Arnold-Chiari-syndroom is een zeldzame genetische misvorming waarbij sprake is van aantasting van het centrale zenuwstelsel en kan resulteren in een verminderde balans, verlies van motorische coördinatie en visusstoornissen.
Deze misvorming komt vaker voor bij vrouwen en treedt meestal op tijdens de ontwikkeling van de foetus, waarbij het cerebellum, het deel van de hersenen dat verantwoordelijk is voor de balans, onvoldoende ontwikkeld is. Volgens de ontwikkeling van het cerebellum kan het Arnold-Chiari-syndroom in vier soorten worden ingedeeld:
- Chiari I: Het is het meest voorkomende en meest geobserveerde type bij kinderen en treedt op wanneer het cerebellum zich uitstrekt tot een opening in de schedelbasis, het foramen magnum genoemd, waar het normaal gesproken alleen naar het ruggenmerg moet gaan;
- Chiari II: Het gebeurt wanneer naast de kleine hersenen de hersenstam zich ook uitstrekt tot het foramen magnum. Dit type vervorming komt vaker voor bij kinderen met spina bifida, wat overeenkomt met een defect in de ontwikkeling van het ruggenmerg en de structuren die het beschermen. Meer informatie over spina bifida;
- Chiari III: Het gebeurt wanneer de kleine hersenen en de hersenstam zich naast het foramenmagnum uitstrekken en het ruggenmerg bereiken, omdat deze misvorming ernstiger is, hoewel deze zeldzaam is;
- Chiari IV: Dit type is ook zeldzaam en onverenigbaar met het leven en gebeurt wanneer er geen ontwikkeling is of wanneer er een onvolledige ontwikkeling van het cerebellum is.

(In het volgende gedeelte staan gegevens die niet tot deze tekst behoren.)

-- ===== src/Batch/Examples.antt =====
-- A batch of ten contracts that fills in two parts, and the theorems at it.
use poly_zq_trading.Prelude.{◌*◌, ◌≤◌, ◌≡◌, refl, List, [], ◌∷◌, true, ◌||◌, arith}
use poly_zq_trading.Prelude.Int.{ℤ, pos}
use poly_zq_trading.Domain.Enums.{idle, qualified, zq_submitted, hedged, recovery}
use poly_zq_trading.Domain.Calendar.{MeetingCalendar}
use poly_zq_trading.Analytics.Units.{one_share}
use poly_zq_trading.Analytics.Sizing.{round_shares_up}
use poly_zq_trading.Batch.Types.{text, inc25, Machine, ok, invalid_transition}
use poly_zq_trading.Batch.Machine.{
  is_allowed, transition, book_fill, add_obligations, ratio_of, record_zq_execution,
}
use poly_zq_trading.Batch.Graph.{Leads, Leads-idle}
use poly_zq_trading.Batch.Hedges.{due_total}
use poly_zq_trading.Batch.History.{
  Command, move, fill, new_machine, obey, run, outcome, obey-error, record_zq_execution-repeat,
}
use poly_zq_trading.Batch.Runs.{
  Trace, entered, run_new-Trace, run_hedges_fills, exposure_needs_entry,
}

abbrev meeting : MeetingCalendar
meeting = record {
  contract_month = record { year = 2026; number = 12 };
  rate_effective_date = record { in_month = record { year = 2026; number = 12 }; day = 10 };
}

abbrev effr : ℤ
effr = pos 36300000000

-- Qualified, submitted, filled with three contracts and then with seven.
abbrev calls : List Command
calls =
    move qualified (text "gates passed")
    ∷ move zq_submitted (text "order placed")
    ∷ fill 1 (pos 300000000)
    ∷ fill 2 (pos 700000000)
    ∷ []

abbrev start : Machine
start = new_machine meeting effr 1 10

Leads-idle_example : Leads hedged idle
Leads-idle_example = Leads-idle hedged

obey-error_example : obey (move hedged (text "early")) start ≡ start
unfolding outcome transition is_allowed new_machine
obey-error_example = obey-error (move hedged (text "early")) start invalid_transition refl

run_new-Trace_example : Trace idle (run calls start).state (run calls start).transition_history
run_new-Trace_example = run_new-Trace calls meeting effr 1 10

run_hedges_fills_example :
    ((run calls start).filled_quantity ≤ (run calls start).original_quantity * one_share)
    × (due_total inc25 (run calls start).obligations
        ≡ round_shares_up (ratio_of inc25 (run calls start) * (run calls start).filled_quantity))
run_hedges_fills_example = run_hedges_fills calls meeting effr 1 10 inc25

record_zq_execution-repeat_example :
    record_zq_execution 1 (pos 700000000) (record_zq_execution 1 (pos 300000000) start).1
    ≡ (ok [], (record_zq_execution 1 (pos 300000000) start).1)
unfolding record_zq_execution new_machine book_fill add_obligations
record_zq_execution-repeat_example =
    record_zq_execution-repeat 1 (pos 300000000) (pos 700000000) start refl (omega arith)

exposure_needs_entry_example :
    (entered zq_submitted (run calls start).transition_history
      || entered recovery (run calls start).transition_history)
    ≡ true
unfolding run obey transition is_allowed record_zq_execution new_machine book_fill add_obligations
exposure_needs_entry_example = exposure_needs_entry calls meeting effr 1 10 refl
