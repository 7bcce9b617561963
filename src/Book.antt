-- ===== src/Book.antt =====
-- The ladders of a Polymarket book, and walking them: `BookLevel` and `OrderBook` of
-- `src/zq_arb/domain/models.py`, `walk_asks` and `plan_hedge_entry` of
-- `src/zq_arb/analytics/payoff.py`.
-- The adapter drops a level whose price or size is not positive, so both are counts; prices are
-- counts of `Units.one`, sizes of `Units.one_share`, and a cost is exact in units of 10^-18.
pub mod Types
pub mod Walk
pub mod Greedy
pub mod Sorted
pub mod Tally
pub mod Cheapest
pub mod Depth
pub mod Plan
mod Examples
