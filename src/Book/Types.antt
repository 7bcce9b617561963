-- ===== src/Book/Types.antt =====
-- `BookLevel`, the best prices of `OrderBook`, `DepthCost` and `HedgeEntryPlan`.
use poly_zq_trading.Prelude.{Bool, ℕ, ◌*◌, List, [], ◌∷◌, Option, none, some, min, max, sum_of}

pub record BookLevel : Type 0 where
  pub price : ℕ
  pub size : ℕ

pub record OrderBook : Type 0 where
  pub bids : List BookLevel
  pub asks : List BookLevel
  pub tick_size : Option ℕ

-- `max(prices, default=None)` and `min(prices, default=None)`.
unfoldable pub best_bid_of : List BookLevel → Option ℕ
best_bid_of [] = none
best_bid_of (l ∷ ls) = elim (best_bid_of ls) [ none ↦ some l.price | some p ↦ some (max l.price p) ]

unfoldable pub best_ask_of : List BookLevel → Option ℕ
best_ask_of [] = none
best_ask_of (l ∷ ls) = elim (best_ask_of ls) [ none ↦ some l.price | some p ↦ some (min l.price p) ]

abbrev pub best_bid : OrderBook → Option ℕ
best_bid b = best_bid_of b.bids

abbrev pub best_ask : OrderBook → Option ℕ
best_ask b = best_ask_of b.asks

-- An exact quotient, for `Decimal` division.
pub record Quotient : Type 0 where
  pub numerator : ℕ
  pub denominator : ℕ

pub record DepthCost : Type 0 where
  pub requested_shares : ℕ
  pub filled_shares : ℕ
  pub total_cost : ℕ
  pub vwap : Option Quotient
  pub is_sufficient : Bool
  pub worst_price : Option ℕ
  pub fills : List BookLevel

pub record HedgeEntryPlan : Type 0 where
  pub price_cap : Option ℕ
  pub available_shares : ℕ
  pub depth : DepthCost

-- `limit_price`
abbrev pub limit_price : HedgeEntryPlan → Option ℕ
limit_price p = p.depth.worst_price

abbrev pub size_of : List BookLevel → ℕ
size_of = sum_of (λ l. l.size)

abbrev pub cost_of : List BookLevel → ℕ
cost_of = sum_of (λ l. l.size * l.price)
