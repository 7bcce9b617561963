-- ===== src/Book/Walk.antt =====
-- `walk_asks`.
use poly_zq_trading.Prelude.{
  ℕ, ◌+◌, ◌-◌, ◌*◌, List, [], ◌∷◌, Option, none, some, Bool, false, not, ◌&&◌, min, ltb, leb, ◌==◌,
  if◌then◌else◌,
}
use poly_zq_trading.Book.Types.{BookLevel, DepthCost}

-- `sorted(levels, key=price)`: stable, so a level goes before those of the same price behind it.
unfoldable pub insert_level : BookLevel → List BookLevel → List BookLevel
insert_level l [] = l ∷ []
insert_level l (m ∷ ms) = if leb l.price m.price then l ∷ m ∷ ms else m ∷ insert_level l ms

unfoldable pub sort_levels : List BookLevel → List BookLevel
unfolding insert_level
sort_levels [] = []
sort_levels (l ∷ ls) = insert_level l (sort_levels ls)

-- The variables of the loop.
pub record Walking : Type 0 where
  pub remaining : ℕ
  pub total : ℕ
  pub worst : Option ℕ
  pub fills : List BookLevel

-- `fills[-1]` grows when its price is met again.
unfoldable pub push_fill : ℕ → ℕ → List BookLevel → List BookLevel
push_fill price take [] = (record { price = price; size = take }) ∷ []
push_fill price take (f ∷ []) =
    if f.price == price
    then (record { price = price; size = f.size + take }) ∷ []
    else f ∷ (record { price = price; size = take }) ∷ []
push_fill price take (f ∷ g ∷ fs) = f ∷ push_fill price take (g ∷ fs)

abbrev pub taking : BookLevel → Walking → ℕ
taking l s = min s.remaining l.size

-- One round: a level from which nothing is taken is passed over.
unfoldable pub consume : BookLevel → Walking → Walking
consume l s = if taking l s == 0 then s else record {
  remaining = s.remaining - taking l s;
  total = s.total + taking l s * l.price;
  worst = some l.price;
  fills = push_fill l.price (taking l s) s.fills;
}

abbrev pub above_cap : Option ℕ → ℕ → Bool
above_cap none price = false
above_cap (some cap) price = ltb cap price

unfoldable pub walk : Option ℕ → List BookLevel → Walking → Walking
walk cap [] s = s
walk cap (l ∷ ls) s =
    let rest = walk cap ls (consume l s) in
    if above_cap cap l.price
    then s
    else if not (taking l s == 0) && ((consume l s).remaining == 0)
    then consume l s
    else rest

unfoldable pub depth_cost : ℕ → Walking → DepthCost
depth_cost shares s = record {
  requested_shares = shares;
  filled_shares = shares - s.remaining;
  total_cost = s.total;
  vwap =
      if ltb 0 (shares - s.remaining)
      then some (record { numerator = s.total; denominator = shares - s.remaining })
      else none;
  is_sufficient = s.remaining == 0;
  worst_price = s.worst;
  fills = s.fills;
}

abbrev pub start_walk : ℕ → Walking
start_walk shares = record { remaining = shares; total = 0; worst = none; fills = [] }

-- `none` is the `ValueError` for a request that is not positive.
unfoldable pub walk_asks : List BookLevel → ℕ → Option ℕ → Option DepthCost
walk_asks levels shares cap =
    if leb shares 0
    then none
    else some (depth_cost shares (walk cap (sort_levels levels) (start_walk shares)))
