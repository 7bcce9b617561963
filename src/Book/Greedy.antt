-- ===== src/Book/Greedy.antt =====
-- The walk as two plain recursions on the sorted ladder: the shares it takes and what they cost.
use poly_zq_trading.Prelude.{
  ℕ, ◌+◌, ◌-◌, ◌*◌, ◌≡◌, refl, List, [], ◌∷◌, Option, min, if◌then◌else◌, arith,
}
use poly_zq_trading.Book.Types.{BookLevel}
use poly_zq_trading.Book.Walk.{Walking, walk, consume, above_cap}

unfoldable pub greedy_shares : Option ℕ → List BookLevel → ℕ → ℕ
greedy_shares cap [] r = 0
greedy_shares cap (l ∷ ls) r =
    let rest = greedy_shares cap ls (r - min r l.size) in
    if above_cap cap l.price then 0 else min r l.size + rest

unfoldable pub greedy_cost : Option ℕ → List BookLevel → ℕ → ℕ
greedy_cost cap [] r = 0
greedy_cost cap (l ∷ ls) r =
    let rest = greedy_cost cap ls (r - min r l.size) in
    if above_cap cap l.price then 0 else min r l.size * l.price + rest

pub greedy_zero :
    (cap : Option ℕ) (ls : List BookLevel)
    → (greedy_shares cap ls 0 ≡ 0) × (greedy_cost cap ls 0 ≡ 0)
unfolding greedy_shares greedy_cost
greedy_zero cap [] = (refl, refl)
greedy_zero cap (l ∷ ls) = ground (arith, greedy_zero cap ls)

consume_lem :
    (l : BookLevel) (s : Walking)
    → ((consume l s).remaining ≡ s.remaining - min s.remaining l.size)
      × ((consume l s).total ≡ s.total + min s.remaining l.size * l.price)
unfolding consume
consume_lem l s = grind arith

pub walk_greedy :
    (cap : Option ℕ) (ls : List BookLevel) (s : Walking)
    → ((walk cap ls s).remaining ≡ s.remaining - greedy_shares cap ls s.remaining)
      × ((walk cap ls s).total ≡ s.total + greedy_cost cap ls s.remaining)
unfolding walk greedy_shares greedy_cost
walk_greedy cap [] s = omega arith
walk_greedy cap (l ∷ ls) s =
    ground (arith, consume_lem l s, greedy_zero cap ls, walk_greedy cap ls (consume l s))
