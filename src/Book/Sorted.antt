-- ===== src/Book/Sorted.antt =====
-- The sorted ladder of `walk_asks`.
use poly_zq_trading.Prelude.{
  ℕ, ◌-◌, ◌≤◌, ◌≡◌, refl, List, [], ◌∷◌, Option, true, min, All, filter, not, leb, arith,
  Bool-cases, inl, inr,
}
use poly_zq_trading.Book.Types.{BookLevel, size_of}
use poly_zq_trading.Book.Walk.{above_cap, insert_level, sort_levels}
use poly_zq_trading.Book.Greedy.{greedy_shares}

abbrev pub IsSorted : List BookLevel → Type 0
IsSorted [] = Unit
IsSorted (l ∷ ls) = All (λ m. l.price ≤ m.price) ls × IsSorted ls

pub insert-All :
    (P : BookLevel → Type 0) (l : BookLevel) (ls : List BookLevel)
    → P l
    → All P ls
    → All P (insert_level l ls)
unfolding insert_level
insert-All P l [] p h = (p, tt)
insert-All P l (m ∷ ms) p h = elim (Bool-cases (leb l.price m.price)) [
  | inl e ↦ rw e (p, h)
  | inr e ↦ rw e (h.0, insert-All P l ms p h.1)
]

All_trans :
    (a b : ℕ) (ls : List BookLevel) → a ≤ b → All (λ m. b ≤ m.price) ls → All (λ m. a ≤ m.price) ls
All_trans a b [] h s = tt
All_trans a b (l ∷ ls) h s = (omega arith, All_trans a b ls h s.1)

insert-IsSorted : (l : BookLevel) (ls : List BookLevel) → IsSorted ls → IsSorted (insert_level l ls)
unfolding insert_level
insert-IsSorted l [] h = (tt, tt)
insert-IsSorted l (m ∷ ms) h = elim (Bool-cases (leb l.price m.price)) [
  | inl e ↦ rw e ((ground arith, All_trans l.price m.price ms (ground arith) h.0), h)
  | inr e ↦ rw e (insert-All _ l ms (ground arith) h.0, insert-IsSorted l ms h.1)
]

pub sort-IsSorted : (ls : List BookLevel) → IsSorted (sort_levels ls)
unfolding sort_levels
sort-IsSorted [] = tt
sort-IsSorted (l ∷ ls) = insert-IsSorted l (sort_levels ls) (sort-IsSorted ls)

-- The shares offered inside a cap.
abbrev pub available : Option ℕ → List BookLevel → ℕ
available cap ls = size_of (filter (λ l. not (above_cap cap l.price)) ls)

available-insert :
    (cap : Option ℕ) (l : BookLevel) (ls : List BookLevel)
    → available cap (insert_level l ls) ≡ available cap (l ∷ ls)
unfolding insert_level
available-insert cap l [] = refl
available-insert cap l (m ∷ ms) = ground (arith, available-insert cap l ms)

pub available-sort :
    (cap : Option ℕ) (ls : List BookLevel) → available cap (sort_levels ls) ≡ available cap ls
unfolding sort_levels
available-sort cap [] = refl
available-sort cap (l ∷ ls) =
    ground (arith, available-insert cap l (sort_levels ls), available-sort cap ls)

-- Behind a level above the cap all are above it.
pub none_behind :
    (cap : Option ℕ) (price : ℕ) (ls : List BookLevel)
    → above_cap cap price ≡ true
    → All (λ m. price ≤ m.price) ls
    → available cap ls ≡ 0
none_behind cap price [] e h = refl
none_behind cap price (l ∷ ls) e h = ground (arith, none_behind cap price ls e h.1)

pub greedy_shares-sorted :
    (cap : Option ℕ) (ls : List BookLevel) (r : ℕ)
    → IsSorted ls
    → greedy_shares cap ls r ≡ min r (available cap ls)
unfolding greedy_shares
greedy_shares-sorted cap [] r h = omega arith
greedy_shares-sorted cap (l ∷ ls) r h =
    ground (arith, none_behind cap l.price ls, greedy_shares-sorted cap ls (r - min r l.size) h.1)
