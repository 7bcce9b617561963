-- ===== src/Book/Cheapest.antt =====
-- Purchases from a ladder, to compare the walk with.
use poly_zq_trading.Prelude.{
  ℕ, ◌+◌, ◌-◌, ◌*◌, ◌≤◌, ◌≡◌, refl, ap, List, [], ◌∷◌, Option, true, min, All, leb, arith,
  Bool-cases, inl, inr,
}
use native.Mathlib.Decide.{dec_le}
use native.Mathlib.Nat.{mul-le-mul_left, sub_self, zero-add, add-zero, sub-add_cancel}
use poly_zq_trading.Book.Types.{BookLevel}
use poly_zq_trading.Book.Walk.{above_cap, insert_level, sort_levels}
use poly_zq_trading.Book.Greedy.{greedy_shares, greedy_cost, greedy_zero}
use poly_zq_trading.Book.Sorted.{IsSorted, none_behind, greedy_shares-sorted}

-- A purchase of `n` shares at the cost `c`: from each level at most its size, at its price, and
-- nothing above the cap.
abbrev pub Purchase : Option ℕ → List BookLevel → ℕ → ℕ → Type 0
Purchase cap [] n c = (n ≡ 0) × (c ≡ 0)
Purchase cap (l ∷ ls) n c =
    (a : ℕ) × (n' : ℕ) × (c' : ℕ) × (a ≤ l.size)
    × (above_cap cap l.price ≡ true → a ≡ 0)
    × (n ≡ a + n')
    × (c ≡ a * l.price + c')
    × Purchase cap ls n' c'

-- A purchase does not depend on the order of the ladder.
Purchase-insert :
    (cap : Option ℕ) (l : BookLevel) (ls : List BookLevel) (n c : ℕ)
    → Purchase cap (l ∷ ls) n c
    → Purchase cap (insert_level l ls) n c
unfolding insert_level
Purchase-insert cap l [] n c p = p
Purchase-insert cap l (m ∷ ms) n c
      (a, n1, c1, sa, ca, na, cca, (b, n2, c2, sb, cb, nb, ccb, rest)) =
    elim (Bool-cases (leb l.price m.price)) [
      | inl e ↦ rw e (a, n1, c1, sa, ca, na, cca, (b, n2, c2, sb, cb, nb, ccb, rest))
      | inr e ↦ rw e (
        b,
        a + n2,
        a * l.price + c2,
        sb,
        cb,
        omega arith,
        omega arith,
        Purchase-insert cap l ms (a + n2) (a * l.price + c2) (a, n2, c2, sa, ca, refl, refl, rest),
      )
    ]

pub Purchase-sort :
    (cap : Option ℕ) (ls : List BookLevel) (n c : ℕ)
    → Purchase cap ls n c
    → Purchase cap (sort_levels ls) n c
unfolding sort_levels
Purchase-sort cap [] n c p = p
Purchase-sort cap (l ∷ ls) n c (a, n1, c1, sa, ca, na, cca, rest) =
    Purchase-insert cap l (sort_levels ls) n c
      (a, n1, c1, sa, ca, na, cca, Purchase-sort cap ls n1 c1 rest)

across_cost :
    (x d e size y price p g : ℕ)
    → size ≡ x + d
    → y ≡ d + e
    → p ≤ price
    → e * p ≤ g
    → x * price + y * p ≤ size * price + g
across_cost x d e size y price p g hs hy cheap le =
    rw (hs, hy) (omega (arith, mul-le-mul_left d cheap))

-- What is bought at the cheapest level instead of behind it.
level_cost :
    (t a price later later' c1 c : ℕ)
    → a ≤ t
    → c ≡ a * price + c1
    → later + (t - a) * price ≤ later'
    → later' ≤ c1
    → t * price + later ≤ c
level_cost t a price later later' c1 c h hc dearer le =
    omega (arith, ap (λ (x : ℕ). x * price) (sub-add_cancel h))

-- One level of the comparison below: the three ways in which `x` and `x + y` shares end at it.
module _ (gs gc : ℕ → ℕ) (size price p : ℕ) (cheap : p ≤ price) (zero_cost : gc 0 ≡ 0)
    (more : (x y : ℕ) → x + y ≤ gs (x + y) → gc x + y * p ≤ gc (x + y)) where
  from_zero : (e : ℕ) → e ≤ gs e → e * p ≤ gc e
  from_zero e h = let whole = rw zero-add at (more 0 e (rw zero-add h)) in omega (arith, zero_cost)

  level_cost-add :
      (x y : ℕ)
      → x + y ≤ min (x + y) size + gs (x + y - min (x + y) size)
      → min x size * price + gc (x - min x size) + y * p
        ≤ min (x + y) size * price + gc (x + y - min (x + y) size)
  level_cost-add x y fits = elim (dec_le size x) [
    | yes past ↦
        let low : min x size ≡ size = omega arith in
        let high : min (x + y) size ≡ size = omega arith in
        let left : x + y - size ≡ (x - size) + y = omega arith in
        let enough = rw left at (rw high at fits) in
        rw (low, high, left) (omega (arith, more (x - size) y (omega arith)))
    | no before ↦ elim (dec_le (x + y) size) [
      | yes within ↦
          let low : min x size ≡ x = omega arith in
          let high : min (x + y) size ≡ x + y = omega arith in
          rw (low, high) (simp (sub_self, zero_cost) (omega (arith, mul-le-mul_left y cheap)))
      | no across ↦
          let low : min x size ≡ x = omega arith in
          let high : min (x + y) size ≡ size = omega arith in
          let enough = rw high at fits in
          rw (low, high)
            (simp (sub_self, zero_cost, add-zero)
              (across_cost x (size - x) (x + y - size) size y price p _ (omega arith) (omega arith)
                cheap (from_zero (x + y - size) (omega arith))))
    ]
  ]

-- On a ladder whose prices are at least `p`, more shares cost at least `p` each.
greedy_cost-add :
    (cap : Option ℕ) (ls : List BookLevel) (p x y : ℕ)
    → All (λ l. p ≤ l.price) ls
    → x + y ≤ greedy_shares cap ls (x + y)
    → greedy_cost cap ls x + y * p ≤ greedy_cost cap ls (x + y)
unfolding greedy_cost greedy_shares
greedy_cost-add cap [] p x y h fits = grind arith
greedy_cost-add cap (l ∷ ls) p x y h fits = elim (Bool-cases (above_cap cap l.price)) [
  | inl e ↦ rw e (let none_left = rw e at fits in grind arith)
  | inr e ↦ rw e (
      level_cost-add (greedy_shares cap ls) (greedy_cost cap ls) l.size l.price p h.0
        (greedy_zero cap ls).1 (λ x' y'. greedy_cost-add cap ls p x' y' h.1) x y (rw e at fits))
]

pub Purchase-le_greedy :
    (cap : Option ℕ) (ls : List BookLevel) (n c : ℕ)
    → IsSorted ls
    → Purchase cap ls n c
    → (n ≤ greedy_shares cap ls n) × (greedy_cost cap ls n ≤ c)
unfolding greedy_cost greedy_shares
Purchase-le_greedy cap [] n c sorted p = omega arith
Purchase-le_greedy cap (l ∷ ls) n c sorted (a, n1, c1, sa, ca, na, cca, rest) =
    elim (Bool-cases (above_cap cap l.price)) [
      | inl e ↦ rw e (
          omega (
            arith,
            ca e,
            (Purchase-le_greedy cap ls n1 c1 sorted.1 rest).0,
            greedy_shares-sorted cap ls n1 sorted.1,
            none_behind cap l.price ls e sorted.0,
          ))
      | inr e ↦ rw e (
          let t = min n l.size in
          let (enough, le) = Purchase-le_greedy cap ls n1 c1 sorted.1 rest in
          let split : (n - t) + (t - a) ≡ n1 = omega arith in
          let dearer =
            rw split at
              (greedy_cost-add cap ls l.price (n - t) (t - a) sorted.0 (rw split enough)) in
          (
            omega (
              arith,
              greedy_shares-sorted cap ls n1 sorted.1,
              greedy_shares-sorted cap ls (n - t) sorted.1,
            ),
            level_cost t a l.price _ _ _ c (omega arith) cca dearer le,
          ))
    ]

De diagnose wordt gesteld op basis van beeldvormingstests, zoals MRI- of CT-scans, en neurologische onderzoeken, waarbij de arts tests uitvoert om de motorische en sensorische vaardigheden van een persoon te beoordelen, evenals balans.
Belangrijkste symptomen
Sommige kinderen die met deze misvorming zijn geboren, hebben mogelijk geen symptomen of ontwikkelen zich niet wanneer ze de adolescentie of volwassenheid bereiken en komen meer voor na de leeftijd van 30 jaar. Symptomen variëren afhankelijk van de mate van beschadiging van het zenuwstelsel, die kan zijn:
- Cervicale pijn;
- Spierzwakte;
- Moeilijkheid van evenwicht;
- Verandering in coördinatie;
- Verlies van gevoel en gevoelloosheid;
- Visuele beperking;
- duizeligheid;
- Verhoogde hartslag.
Deze misvorming treedt hoogstwaarschijnlijk op tijdens de ontwikkeling van de foetus, maar kan in volwassen leeftijd zeldzamer optreden als gevolg van omstandigheden die de hoeveelheid hersenvocht, zoals infecties, hoofdhobbels of blootstelling aan toxische stoffen kunnen verminderen.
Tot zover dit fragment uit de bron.